Microsoft — Distributed Machine Learning Toolkit (DMTK)

Finally, in November, just 3 days after Google, Microsoft open-sourced its framework and algorithms for distributed machine learning. The DMTK is designed to allow machine learning tasks to be easily scaled. The toolkit also includes LightLDA, an efficient algorithm for topic model training, and Distributed Word Embedding, a tool for natural language processing.

Software prices tend to zero as the value of data rises

Machine learning tools are making it easier to understand the abundance of data that is being collected. Deep learning techniques are enabling systems to learn from unstructured data. Much of the real world is messy, complex, and rarely fits nicely into the rows and columns that traditional approaches to intelligent machines, software, and databases require. Videos, unlabeled text, and voice are all being analysed by systems that can now infer context, making insights more accurate and valuable.

“While laggards in the industry debate the merits of on-premise servers versus cloud services and struggle to merge vast numbers of databases, technology leaders are pushing further ahead.”
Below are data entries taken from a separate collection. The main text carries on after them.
-- ===== src/Http/Router/Answers.antt =====
-- What Router::Route answers.
use ecommerce_platform.Prelude.{
  ℕ, ◌≡◌, refl, ap, ◌∙◌, inl, inr, List, [], ◌∷◌, Option, none, some, arith, Option-cases, lookup,
  emplace, lookup-emplace, emplace_present, Text, Text-eq, text, text_eq, text_eq_iff,
}
use ecommerce_platform.Http.Context.{RequestContext, make_context}
use ecommerce_platform.Http.Error.{HttpError, Outcome, returns, throws, Exception}
use ecommerce_platform.Http.ErrorMapping.{map_exception}
use ecommerce_platform.Http.Json.{JsonLibrary}
use ecommerce_platform.Http.Message.{Request, Response, error_body, error_response}
use ecommerce_platform.Http.Message.Printing.{
  IsPrintable, error_reply, error_body-printable, error_response-error_reply,
}
use ecommerce_platform.Http.Router.{
  Target, HandlerPointer, Handler, controller_unavailable, invalid_request_target, route_not_found,
  collect_query, bind_handler, answer, dispatch, route,
}
use ecommerce_platform.Parser.Params.{GeneralParams}
use ecommerce_platform.Routing.Paths.{split_path}
use ecommerce_platform.Routing.Trie.{TrieNode, find_route}
use ecommerce_platform.Routing.Trie.Finding.Routes.{find_route-registered}
use ecommerce_platform.Routing.Trie.Finding.Ways.{captures, Matches}
use ecommerce_platform.Routing.Trie.Table.{Pattern, handler_at, IsWellFormed}

lookup-collect_query_from :
    (key : Text) (params : List (Text × Text)) (query : GeneralParams)
    → lookup key (collect_query params query)
      ≡ elim (lookup key query) [ none ↦ lookup key params | some value ↦ some value ]
unfolding collect_query lookup
lookup-collect_query_from key [] query = ground arith
lookup-collect_query_from key ((k, v) ∷ params) query = elim (Option-cases (lookup k query)) [
  | inl new ↦ ground (
    arith,
    lookup-collect_query_from key params (emplace k v query),
    lookup-emplace k key v query new,
    text_eq_iff k key,
  )
  | inr (old, held) ↦ ground (
    arith,
    lookup-collect_query_from key params (emplace k v query),
    emplace_present k v old query held,
    text_eq_iff k key,
  )
]

-- A query parameter that the target gives more than once has its first value.
lookup-collect_query :
    (key : Text) (params : List (Text × Text))
    → lookup key (collect_query params []) ≡ lookup key params
unfolding lookup
lookup-collect_query key params = lookup-collect_query_from key params []

module _ (lib : JsonLibrary) where
  open lib use {Json, string, parse, member}

  -- The two texts of an error, read back from the body of its response.
  abbrev pub Reports : Text → HttpError → Type 0
  Reports body error =
      (inner : Json) × (member (text "error") (parse body) ≡ some inner)
      × (member (text "code") inner ≡ some (string error.code))
      × (member (text "message") inner ≡ some (string error.message))

  pub error_body-Reports :
      (error : HttpError) → IsPrintable lib error → Reports (lib.print (error_body lib error)) error
  unfolding error_body lookup text_eq
  error_body-Reports error p = (
    lib.object ((text "code", string error.code) ∷ (text "message", string error.message) ∷ []),
    rw (lib.parse-print _ (error_body-printable lib error p), lib.member-object),
    rw lib.member-object,
    rw lib.member-object,
  )

  -- If a handler throws an exception that is mapped to an error with UTF-8 texts, the client gets a
  -- response: its status is that of the error, its body reports the error's code and message, and it
  -- keeps the version and the connection option of the request.
  pub answer-throws :
      (req : Request) (e : Exception)
      → IsPrintable lib (map_exception e)
      → (res : Response) × (answer lib req (throws e) ≡ returns res)
        × (res.status ≡ (map_exception e).status)
        × Reports res.body (map_exception e)
        × (res.version ≡ req.version)
        × (res.keep_alive ≡ req.keep_alive)
  unfolding answer
  answer-throws req e p = (
    error_reply lib req (map_exception e),
    error_response-error_reply lib req (map_exception e) p,
    refl,
    error_body-Reports (map_exception e) p,
    refl,
    refl,
  )

  controller_unavailable-IsPrintable : IsPrintable lib controller_unavailable
  controller_unavailable-IsPrintable = record {
    code_utf8 = lib.is_utf8-ascii _ (omega arith);
    message_utf8 = lib.is_utf8-ascii _ (omega arith);
  }

  bind_handler-gone :
      {C : Type 0} (method : HandlerPointer C) (instance_id : ℕ) (lock : ℕ → Option C)
      (ctx : RequestContext)
      → lock instance_id ≡ none
      → bind_handler lib method instance_id lock ctx
        ≡ error_response lib ctx.request controller_unavailable
  unfolding bind_handler
  bind_handler-gone method instance_id lock ctx gone = rw (gone, bind_handler)

  module _ (parse_target : Text → Option Target) {C : Type 0} (lock : ℕ → Option C)
      (trie : TrieNode (Handler C)) where
    -- The three things that can become of a request.
    pub data Routed (req : Request) (res : Outcome Response) : Type 0 where
      rejected :
          parse_target req.target ≡ none
          → res ≡ error_response lib req invalid_request_target
          → Routed req res
      unrouted :
          (parsed : Target)
          → parse_target req.target ≡ some parsed
          → find_route req.method parsed.path trie ≡ none
          → res ≡ error_response lib req route_not_found
          → Routed req res
      handled :
          (parsed : Target) (p : Pattern) (handler : Handler C) (params : GeneralParams)
          → parse_target req.target ≡ some parsed
          → handler_at p req.method trie ≡ some handler
          → Matches p (split_path parsed.path)
          → params ≡ captures p (split_path parsed.path) []
          → res
            ≡ answer lib req
                (handler lock (make_context req params (collect_query parsed.params [])))
          → Routed req res

    -- Over a well-formed trie one of these things becomes of every request.
    pub route-Routed :
        IsWellFormed trie → (req : Request) → Routed req (route lib parse_target lock trie req)
    unfolding route
    route-Routed w req = elim (Option-cases (parse_target req.target)) [
      | inl bad ↦ rw (bad, route) (rejected bad refl)
      | inr (parsed, good) ↦ elim (Option-cases (find_route req.method parsed.path trie)) [
        | inl missing ↦ rw (good, missing, route) (unrouted parsed good missing refl)
        | inr ((handler, params), found) ↦
            let (p, held, fits, same) =
              find_route-registered req.method parsed.path trie w handler params found in
            rw (good, found, route) (handled parsed p handler params good held fits same refl)
      ]
    ]

    -- A request whose target is well formed and whose path is resolved to a route of a controller that
    -- is gone is answered by 503, whatever the controller's method does.
    route-unavailable :
        (req : Request) (parsed : Target) (method : HandlerPointer C) (instance_id : ℕ)
        (params : GeneralParams)
        → parse_target req.target ≡ some parsed
        → find_route req.method parsed.path trie
          ≡ some (bind_handler lib method instance_id, params)
        → lock instance_id ≡ none
        → route lib parse_target lock trie req
          ≡ returns (error_reply lib req controller_unavailable)
    unfolding route answer dispatch
    route-unavailable req parsed method instance_id params good found gone =
        rw (good, found, route)
          (ap (answer lib req) (
            bind_handler-gone method instance_id lock
              (make_context req params (collect_query parsed.params [])) gone
            ∙ error_response-error_reply lib req controller_unavailable
                controller_unavailable-IsPrintable))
Intellectual property is being handed over to the open-source community to use as they want. As most companies are just beginning to devise their Big Data strategies, Google, Facebook, Microsoft, and IBM have devised their strategies, built Big Data and machine learning tools, and are now giving them away for free.
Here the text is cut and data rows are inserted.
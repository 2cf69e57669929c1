-- ===== src/Http/Router/Replies.antt =====
-- The responses that Router::Route makes, and the exceptions that leave it.
use ecommerce_platform.Prelude.{ℕ, ◌≡◌, Bool, true, false, ◌&&◌, [], Option, none, some, Text, text}
use ecommerce_platform.Http.Context.{make_context}
use ecommerce_platform.Http.Error.{HttpError, Outcome, returns, throws, Exception}
use ecommerce_platform.Http.ErrorMapping.{map_exception}
use ecommerce_platform.Http.Json.{JsonLibrary}
use ecommerce_platform.Http.Message.{Request, Response}
use ecommerce_platform.Http.Router.{Target, Handler, collect_query}
use ecommerce_platform.Http.Router.Answers.{Reports}
use ecommerce_platform.Routing.Paths.{split_path}
use ecommerce_platform.Routing.Trie.{TrieNode, find_route}
use ecommerce_platform.Routing.Trie.Finding.Ways.{captures, Matches}
use ecommerce_platform.Routing.Trie.Table.{Pattern, handler_at}

module _ (lib : JsonLibrary) where
  open lib use {is_utf8, printable, string, object}

  -- A response comes back that has the error's status, and a body that reports the error.
  pub record Refuses (req : Request) (error : HttpError) (res : Outcome Response) : Type 0 where
    pub response : Response
    pub is_response : res ≡ returns response
    pub same_status : response.status ≡ error.status
    pub reports : Reports lib response.body error
    pub same_version : response.version ≡ req.version
    pub same_connection : response.keep_alive ≡ req.keep_alive

  abbrev pub is_utf8_error : HttpError → Bool
  is_utf8_error error = is_utf8 error.code && is_utf8 error.message

  module _ (parse_target : Text → Option Target) {C : Type 0} (lock : ℕ → Option C)
      (trie : TrieNode (Handler C)) where
    -- The handler is registered under the request's method and a pattern that the path matches, and
    -- with the captures of that pattern and the query it comes to this outcome.
    pub record Runs (req : Request) (outcome : Outcome Response) : Type 0 where
      pub parsed : Target
      pub pattern_of : Pattern
      pub handler : Handler C
      pub is_parsed : parse_target req.target ≡ some parsed
      pub is_registered : handler_at pattern_of req.method trie ≡ some handler
      pub fits : Matches pattern_of (split_path parsed.path)
      pub comes_to :
          handler lock (
            make_context req
              (captures pattern_of (split_path parsed.path) [])
              (collect_query parsed.params []))
          ≡ outcome

    pub data Answered (req : Request) (res : Outcome Response) : Type 0 where
      malformed :
          parse_target req.target ≡ none
          → Refuses req
              (record {
                status = 400;
                code = text "invalid_request_target";
                message = text "Invalid request target";
              })
              res
          → Answered req res
      missing :
          (parsed : Target)
          → parse_target req.target ≡ some parsed
          → find_route req.method parsed.path trie ≡ none
          → Refuses req
              (record {
                status = 404;
                code = text "route_not_found";
                message = text "Route not found";
              })
              res
          → Answered req res
      answers :
          (response : Response)
          → Runs req (returns response)
          → res ≡ returns response
          → Answered req res
      fails :
          (e : Exception)
          → Runs req (throws e)
          → is_utf8_error (map_exception e) ≡ true
          → Refuses req (map_exception e) res
          → Answered req res
      breaks :
          (e x : Exception)
          → Runs req (throws e)
          → is_utf8_error (map_exception e) ≡ false
          → res ≡ throws x
          → Answered req res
Most companies consider their proprietary software to be a competitive advantage and how they provide value to customers. As traditional hardware companies are slowly trying to become software- and services-based companies, the ground beneath them has shifted.

Telcos are trying to adapt to a world of software-defined networking rather than routers and switches, and manufacturers are moving from providing tools and widgets to usage analytics and predictive maintenance. As they arrive in this new dawn of software and services with the promise of fat margins, they will find it was a mirage. Software on the Internet has almost zero marginal costs. Prices will trend to zero. The real value is data.
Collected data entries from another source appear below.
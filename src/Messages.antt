-- ===== src/Messages.antt =====
-- ProduceMessage and ConsumeMessage of services/ProcessOrdersService/main.cpp. Parameter: the Kafka
-- library, whose calls may throw; what a consumer polls depends on how often it has polled.
pub mod Streams
use ecommerce_platform.Prelude.{
  ℕ, zero, suc, Bool, true, false, List, [], ◌∷◌, ◌++◌, Option, none, some, Text, text, pos,
  if◌then◌else◌,
}
use ecommerce_platform.Http.Error.{Outcome, returns, go_on}
use ecommerce_platform.Parser.Integral.{to_string}

pub record ConsumerRecord : Type 0 where
  -- Whether it carries an error.
  pub failed : Bool
  pub topic : Text
  pub partition : Text
  pub offset : Text
  pub timestamp : Text
  pub headers : Text
  pub key : Text
  pub value : Text
  -- toString of the whole record
  pub printed : Text

pub record Kafka : Type 1 where
  pub Producer : Type 0
  pub Consumer : Type 0
  pub make_producer : List (Text × Text) → Outcome Producer
  pub send : Producer → Text → Text → Outcome (Unit {0})
  pub make_consumer : List (Text × Text) → Outcome Consumer
  pub subscribe : Consumer → Text → Outcome (Unit {0})
  pub poll : Consumer → ℕ → Outcome (List ConsumerRecord)

abbrev pub brokers : Text
brokers = text "localhost:9092"

abbrev pub topic : Text
topic = text "test-topic"

-- What is written to the standard output and to the standard error.
pub record Written : Type 0 where
  pub out : Text
  pub err : Text

abbrev pub nothing_written : Written
nothing_written = record { out = []; err = [] }

abbrev pub and_written : Written → Written → Written
and_written a b = record { out = a.out ++ b.out; err = a.err ++ b.err }

abbrev pub ended : Text → Text
ended s = s ++ 10 ∷ []

-- The delivery report handler, for an error's message or for the metadata.
unfoldable pub delivery_report : Option Text → Text → Written
delivery_report none metadata = record {
  out = ended (text "% Message delivered: " ++ metadata);
  err = [];
}
delivery_report (some message) metadata = record {
  out = [];
  err = ended (text "% Message delivery failed: " ++ message);
}

abbrev pub message : ℕ → Text
message i = text "value_" ++ to_string (pos i)

unfoldable pub record_text : ConsumerRecord → Text
record_text r =
    ended (text "Got a new message...")
    ++ (ended (text "    Topic    : " ++ r.topic)
        ++ (ended (text "    Partition: " ++ r.partition)
            ++ (ended (text "    Offset   : " ++ r.offset)
                ++ (ended (text "    Timestamp: " ++ r.timestamp)
                    ++ (ended (text "    Headers  : " ++ r.headers)
                        ++ (ended (text "    Key   [" ++ (r.key ++ text "]"))
                            ++ ended (text "    Value [" ++ (r.value ++ text "]"))))))))

-- The body of the loop over the records of a poll.
unfoldable pub print_record : ConsumerRecord → Written
print_record r =
    if r.failed
    then record { out = []; err = ended r.printed }
    else record { out = record_text r; err = [] }

unfoldable pub print_records : List ConsumerRecord → Written
unfolding print_record
print_records [] = nothing_written
print_records (r ∷ rs) = and_written (print_record r) (print_records rs)

module _ (kafka : Kafka) where
  open kafka use {Producer, Consumer, make_producer, send, make_consumer, subscribe, poll}

  -- The loop of ProduceMessage, `n` rounds from `i` on, behind the values that were sent.
  unfoldable pub produce_from : Producer → ℕ → ℕ → List Text → List Text × Outcome (Unit {0})
  produce_from producer zero i sent = (sent, returns tt)
  produce_from producer (suc n) i sent =
      go_on (send producer topic (message i)) sent
        (λ u. produce_from producer n (suc i) (sent ++ message i ∷ []))

  unfoldable pub produce_message : List Text × Outcome (Unit {0})
  unfolding produce_from
  produce_message =
      go_on
        (make_producer
          ((text "bootstrap.servers", brokers) ∷ (text "enable.idempotence", text "true") ∷ []))
        [] (λ producer. produce_from producer 10 0 [])

  -- The loop of ConsumeMessage, `n` polls from the one with the number `i` on, behind what is
  -- written.
  unfoldable pub consume_from : Consumer → ℕ → ℕ → Written → Written × Outcome (Unit {0})
  unfolding print_records
  consume_from consumer zero i written = (written, returns tt)
  consume_from consumer (suc n) i written =
      go_on (poll consumer i) written
        (λ records. consume_from consumer n (suc i) (and_written written (print_records records)))

  unfoldable pub consume_message : Written × Outcome (Unit {0})
  unfolding consume_from
  consume_message =
      go_on (make_consumer ((text "bootstrap.servers", brokers) ∷ [])) nothing_written (λ consumer.
        go_on (subscribe consumer topic) nothing_written
          (λ subscribed. consume_from consumer 100 0 nothing_written))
Using machine learning tools is hard

Google, Facebook, Microsoft, and IBM have not given away all of their software. Google, Microsoft, and IBM also have machine learning platforms through which they offer machine learning APIs to paying customers. These companies want to attract developers to build on their platforms to make it more valuable. They are open-sourcing their tools basically so developers can learn how to use them. This is great for future hiring and it fosters a thriving developer ecosystem.

Valuable platforms attract users and developers. Developers have limited resources and will only allocate resources to platforms which generate the greatest revenues. This is why small developers build iOS apps first, Android apps second, and Windows Mobile never. Platform dynamics are winner-takes-almost-all. Companies can court developers, pay them to build for the platform, and take a lower cut of sales; but if the platform doesn’t have users, it doesn’t matter. See Windows Mobile.

“The challenge for non-software companies trying to build platforms for their own customers is that open-source is not part of their culture.”

Customer value is created with machine learning applications from third-party developers providing new innovative services. To get developers on board, open-source will be the only way. Data will be the only sustainable competitive advantage.

Recent advice to the industry has been to move away from making physical things and to making digital things. However, charging for digital things on the Internet is harder than ever. With machine learning, making digital things is not even enough. Companies need to give away the digital things. This will be a bitter pill to swallow for the management and boards of many companies going through a digital transformation.

The only thing that matters now is data.